When examining the results depicted in the top-left figure, it is clear that GMR performs well as there is a noticeable upward trend in the plot, indicating a good prediction of weights (0, 1, 1.8, and 2.4 kg). In contrast, the top-right (MLP) and bottom-left (LightGBM) figures suggest that these models do not generalize as well on the data, as they have a weaker correlation between ground truth and predicted values. The figure on the bottom-right (ST-GCN regressor) clearly shows that the model does not fit properly on the data. This could potentially be due to two reasons, (1) the insufficient temporal context and limited discriminative features as the micro-movements under consideration span over less than 10 frames or (2) insufficient data for training a regression model with only two micro-movements.

When comparing these methods quantitatively, GMR performs better, as evidenced by the average MSE displayed in Table 1. GMR achieved a mean-squared error of 0.53, lower than MLP, LightGBM, and ST-GCN.

In real scenarios, it is unlikely to have data from various stages of deterioration to train a model. Instead, one would have to use one of the generic regression models trained in Sect. 6.3.2. Therefore, relying solely on MSE to quantify the error may seem to be complicated or not intuitive in a physical sense and may not be the most appropriate metric for selecting the best model. To address this, Table 2 presents the actual error (each row estimated by \(\frac{1}{N}*\sum _{n=1}^{N}(\textrm{predicted} - \textrm{true})\)), which indicates the average amount in kilograms that the predictions are off. The table shows that the mean difference for GMR is around 19 gs, with the lowest standard deviation of 0.233. On the other hand, ST-GCN has the lowest mean, with a comparably high standard deviation.

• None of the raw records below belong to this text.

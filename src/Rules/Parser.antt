-- ===== src/Rules/Parser.antt =====
-- The recursive-descent parser of crates/aa-rules/src/parser.rs, from terms to programs. Its loops
-- take fuel; `parse` gives each more than the number of bytes.
pub mod Reads
pub mod Tokens
pub mod Idents
pub mod Terms
pub mod Clauses
pub mod Located
pub mod Sorted
pub mod Scanned
pub mod Args
pub mod Atoms
pub mod Bodies
pub mod RoundTrip
mod Tests
use prolog_forge.Prelude.{
  ℕ, zero, suc, List, [], ◌∷◌, ◌++◌, Option, none, some, Bool, true, false, not, ◌&&◌, ◌||◌, eqb,
  if◌then◌else◌, Str, bytes, length, Result, ok, err, ◌>>=◌,
}
use prolog_forge.Rules.Ast.{Term, const, var, Atom, Rule, Program, is_ground_fact}
use prolog_forge.Rules.Lexer.{
  Pos, Parser, Parsed, Failure, out_of_fuel, at, new, peek, peek_at, bump, moved, fail, scan, eat,
  skip_trivia, is_ident_byte, is_ascii_digit, is_ascii_lowercase, is_ascii_uppercase, message_found,
  cons_scanned, as_char,
}

unfoldable pub ident_scanned : Parser → Str × Parser → Parsed Str
ident_scanned p ([], q) = fail p (bytes "expected identifier")
ident_scanned p (b ∷ s, q) = ok (b ∷ s, q)

unfoldable pub parse_ident_any : Parser → Parsed Str
unfolding ident_scanned
parse_ident_any p = ident_scanned p (scan is_ident_byte p.rest p.at_pos)

unfoldable pub ident_lower_at : Parser → Option ℕ → Parsed Str
ident_lower_at p none = fail p (bytes "expected predicate name, found EOF")
ident_lower_at p (some b) =
    if is_ascii_lowercase b
    then parse_ident_any p
    else fail p (message_found (bytes "expected predicate name") b)

unfoldable pub parse_ident_lower : Parser → Parsed Str
unfolding ident_lower_at
parse_ident_lower p = ident_lower_at p (peek p)

unfoldable pub cons_quoted : ℕ → Parsed Str → Parsed Str
cons_quoted b (err e) = err e
cons_quoted b (ok (s, p)) = ok (b ∷ s, p)

-- The loop of `parse_quoted`; `escaped` when the byte before is a backslash that is not itself taken.
unfoldable pub quoted_loop : Bool → Str → Pos → Parsed Str
unfolding cons_quoted
quoted_loop escaped [] here = fail (at [] here) (bytes "unterminated string literal")
quoted_loop escaped (b ∷ rest) here =
    let more = cons_quoted b (quoted_loop (not escaped && eqb b b'\\') rest (moved b here)) in
    if not escaped && eqb b b'"' then ok ([], at rest (moved b here)) else more

unfoldable pub parse_quoted : Parser → Parsed Str
parse_quoted p = eat b'"' p >>= λ (u, q). quoted_loop false q.rest q.at_pos

unfoldable pub number_scanned : Parser → Str × Parser → Parsed Str
number_scanned p ([], q) = fail p (bytes "expected number")
number_scanned p (b ∷ s, q) = ok (b ∷ s, q)

-- The sign first, then the digits.
unfoldable pub scan_number : Str → Pos → Str × Parser
unfolding cons_scanned
scan_number [] here = ([], at [] here)
scan_number (b ∷ rest) here =
    if eqb b b'-'
    then cons_scanned b (scan is_ascii_digit rest (moved b here))
    else scan is_ascii_digit (b ∷ rest) here

unfoldable pub parse_number : Parser → Parsed Str
unfolding number_scanned scan_number
parse_number p = number_scanned p (scan_number p.rest p.at_pos)

unfoldable pub as_const : Str × Parser → Parsed Term
as_const (s, p) = ok (const s, p)

unfoldable pub as_var : Str × Parser → Parsed Term
as_var (s, p) = ok (var s, p)

unfoldable pub term_at : Parser → Option ℕ → Parsed Term
unfolding as_const as_var
term_at p none = fail p (bytes "unexpected EOF in term")
term_at p (some b) =
    if eqb b b'"'
    then parse_quoted p >>= as_const
    else if is_ascii_digit b || eqb b b'-'
    then parse_number p >>= as_const
    else if is_ascii_uppercase b || eqb b b'_'
    then parse_ident_any p >>= as_var
    else if is_ascii_lowercase b
    then parse_ident_any p >>= as_const
    else fail p (bytes "unexpected character `" ++ (as_char b ++ bytes "` in term"))

unfoldable pub parse_term : Parser → Parsed Term
unfolding term_at
parse_term p = term_at p (peek p)

-- What stands after an element of a list that `close` ends: the next element, the end, or an error.
pub data Next : Type 0 where
  comma close : Next
  other : ℕ → Next
  eof : Next

unfoldable pub next_at : ℕ → Option ℕ → Next
next_at closing none = eof
next_at closing (some b) = if eqb b b',' then comma else if eqb b closing then close else other b

-- The round of a loop at `q`: the next element, the end, or an error.
unfoldable pub next_round :
    {A : Type 0} → Next → (Parser → Parsed A) → Parsed A → Str → Str → Parser → Parsed A
next_round comma more done expected at_eof q = more (skip_trivia (bump q))
next_round close more done expected at_eof q = done
next_round (other b) more done expected at_eof q = fail q (message_found expected b)
next_round eof more done expected at_eof q = fail q at_eof

unfoldable pub args_loop : ℕ → List Term → Parser → Parsed (List Term)
unfolding next_at next_round
args_loop zero args p = err out_of_fuel
args_loop (suc n) args p =
    let q = skip_trivia p in
    next_round (next_at b')' (peek q))
      (λ (r : Parser). parse_term r >>= λ (t, u). args_loop n (args ++ t ∷ []) u) (ok (args, q))
      (bytes "expected `,` or `)`") (bytes "unexpected EOF in atom args") q

unfoldable pub parse_args : ℕ → Parser → Parsed (List Term)
parse_args n p =
    let closed : Bool = elim (peek p) [ none ↦ false | some b ↦ eqb b b')' ] in
    if closed then ok ([], p) else parse_term p >>= λ (t, q). args_loop n (t ∷ []) q

unfoldable pub parse_atom : ℕ → Parser → Parsed Atom
parse_atom n p = parse_ident_lower p >>= λ (name, q). eat b'(' (skip_trivia q) >>= λ (open₁, r).
    parse_args n (skip_trivia r) >>= λ (args, t).
    eat b')' t >>= λ (shut, u). ok (record { predicate = name; args = args }, u)

unfoldable pub body_loop : ℕ → List Atom → Parser → Parsed (List Atom)
unfolding next_at next_round
body_loop zero body p = err out_of_fuel
body_loop (suc n) body p =
    let q = skip_trivia p in
    next_round (next_at b'.' (peek q))
      (λ (r : Parser). parse_atom n r >>= λ (a, u). body_loop n (body ++ a ∷ []) u)
      (ok (body, bump q)) (bytes "expected `,` or `.`") (bytes "unexpected EOF in clause body") q

unfoldable pub clause_rest : ℕ → Atom → Parser → Parsed Rule
clause_rest n head p = eat b':' p >>= λ (colon, q). eat b'-' q >>= λ (dash, r).
    parse_atom n (skip_trivia r) >>= λ (a, t).
    body_loop n (a ∷ []) t >>= λ (body, u). ok (record { head = head; body = body }, u)

unfoldable pub parse_clause : ℕ → Parser → Parsed Rule
unfolding clause_rest
parse_clause n p = parse_atom n p >>= λ (head, q).
    let r = skip_trivia q in
    let dot : Bool = elim (peek r) [ none ↦ false | some b ↦ eqb b b'.' ] in
    if dot then ok (record { head = head; body = [] }, bump r) else clause_rest n head r

-- A clause goes to the facts when it is a ground fact, to the rules otherwise.
unfoldable pub file_clause : Rule → Program → Program
file_clause r program =
    if is_ground_fact r
    then record { rules = program.rules; facts = program.facts ++ r.head ∷ [] }
    else record { rules = program.rules ++ r ∷ []; facts = program.facts }

unfoldable pub program_loop : ℕ → Program → Parser → Result Failure Program
program_loop zero program p = err out_of_fuel
program_loop (suc n) program p = elim (peek p) [
  | none ↦ ok program
  | some b ↦ parse_clause n p >>= λ (r, q). program_loop n (file_clause r program) (skip_trivia q)
]

abbrev pub empty_program : Program
empty_program = record { rules = []; facts = [] }

unfoldable pub parse : Str → Result Failure Program
parse src = program_loop (suc (length src)) empty_program (skip_trivia (new src))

The T-SNE visualization presented in Fig. 7 illustrates that the data have multiple modes, and we anticipate more distinguishable boundaries when considering 8 dimensions. Intuitively, Gaussian mixture regression (GMR) excels in this scenario by representing each mode with its own Gaussian component and clustering data points, rather than attempting to fit a single line or curve across all data. Consequently, GMR demonstrates superior capability in modeling the underlying distributions compared to alternative regression methods.

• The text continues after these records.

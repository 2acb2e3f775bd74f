-- ===== src/Rules/Print.antt =====
-- A printer of programs in the syntax that crates/aa-rules/src/parser.rs reads. Each function writes
-- before a text that follows.
use prolog_forge.Prelude.{
  ℕ, List, [], ◌∷◌, ◌++◌, Bool, true, false, not, ◌&&◌, ◌||◌, eqb, Str, All, ◌≡◌,
}
use prolog_forge.Rules.Ast.{Term, const, var, Atom, Rule, Program}
use prolog_forge.Rules.Lexer.{is_ident_byte, is_ascii_lowercase, is_ascii_uppercase}

-- The conditions on the names and on the constants: a name is in the syntax, and a constant between
-- quotes ends at the second of them.
unfoldable pub all_ident : Str → Bool
all_ident [] = true
all_ident (b ∷ s) = is_ident_byte b && all_ident s

unfoldable pub is_name : (ℕ → Bool) → Str → Bool
is_name start [] = false
is_name start (b ∷ s) = start b && all_ident s

unfoldable pub starts_var : ℕ → Bool
starts_var b = is_ascii_uppercase b || eqb b b'_'

unfoldable pub closes : Bool → Str → Bool
closes escaped [] = not escaped
closes escaped (b ∷ s) = not (not escaped && eqb b b'"') && closes (not escaped && eqb b b'\\') s

unfoldable pub is_writable : Term → Bool
is_writable (const c) = closes false c
is_writable (var v) = is_name starts_var v

abbrev pub IsWritableAtom : Atom → Type 0
IsWritableAtom a =
    (is_name is_ascii_lowercase a.predicate ≡ true) × All (λ t. is_writable t ≡ true) a.args

abbrev pub IsWritableRule : Rule → Type 0
IsWritableRule r = IsWritableAtom r.head × All IsWritableAtom r.body

abbrev pub IsWritable : Program → Type 0
IsWritable program = All IsWritableAtom program.facts × All IsWritableRule program.rules

unfoldable pub put_term : Term → Str → Str
put_term (const c) after = b'"' ∷ (c ++ (b'"' ∷ after))
put_term (var v) after = v ++ after

-- The elements after the first, each behind a comma and a space.
unfoldable pub put_terms : List Term → Str → Str
put_terms [] after = after
put_terms (t ∷ ts) after = b',' ∷ b' ' ∷ put_term t (put_terms ts after)

unfoldable pub put_args : List Term → Str → Str
put_args [] after = b')' ∷ after
put_args (t ∷ ts) after = put_term t (put_terms ts (b')' ∷ after))

unfoldable pub put_atom : Atom → Str → Str
put_atom a after = a.predicate ++ (b'(' ∷ put_args a.args after)

unfoldable pub put_atoms : List Atom → Str → Str
put_atoms [] after = after
put_atoms (a ∷ as') after = b',' ∷ b' ' ∷ put_atom a (put_atoms as' after)

unfoldable pub put_body : List Atom → Str → Str
put_body [] after = b'.' ∷ b'\n' ∷ after
put_body (a ∷ as') after =
    b' ' ∷ b':' ∷ b'-' ∷ b' ' ∷ put_atom a (put_atoms as' (b'.' ∷ b'\n' ∷ after))

unfoldable pub put_rule : Rule → Str → Str
put_rule r after = put_atom r.head (put_body r.body after)

abbrev pub fact_rule : Atom → Rule
fact_rule a = record { head = a; body = [] }

unfoldable pub put_facts : List Atom → Str → Str
put_facts [] after = after
put_facts (a ∷ as') after = put_rule (fact_rule a) (put_facts as' after)

unfoldable pub put_rules : List Rule → Str
put_rules [] = []
put_rules (r ∷ rs) = put_rule r (put_rules rs)

-- The facts, one to a line, then the rules.
unfoldable pub print : Program → Str
print program = put_facts program.facts (put_rules program.rules)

Table 1 Mean squared error for GMR, MLP, LightGBM and ST-GCN as a result of Leave-one-out regression. The last row shows the average of these errors. Lower values are better, and GMR has the best average performance. Here, bold indicates the best performing approach for each of the 27 models, and the average
Table 2 Actual error for GMR, MLP, LightGBM and ST-GCN as a result of Leave-one-out regression. The last row shows the mean of these errors. Here, bold indicates the best performing approach for each of the 27 models, and the average. Lower values are better (Values closer to zero are the best.)

7 Conclusion

In this paper, we presented an analysis of the eating behavior of subjects that includes: modeling the actions involved while eating as a state diagram and methods to quantify performance/decay level. To quantify performance levels while eating, two sets of experiments, i.e., with hand-crafted features using uncertainty aware algorithm GMR, with comparisons against MLP and LightGBM, and with deep features-based regression using ST-GCN were conducted.

The results show that GMR performed slightly better compared to other regression models and thus can be used to predict the degree of deterioration (i.e., weight level) of individuals based on a generically trained model (i.e., trained with enough other subject data).

We also presented an extension of the EatSense dataset to four weight levels. Ethical approval was obtained to allow these experiments using healthy human volunteers. In an ideal world, we would also collect long-term data from elderly volunteers to validate the deterioration model; however, this would be highly unethical, as intervention should occur at the first sign of deterioration. Hence, the experiments presented here are limited to using weights with healthy volunteers.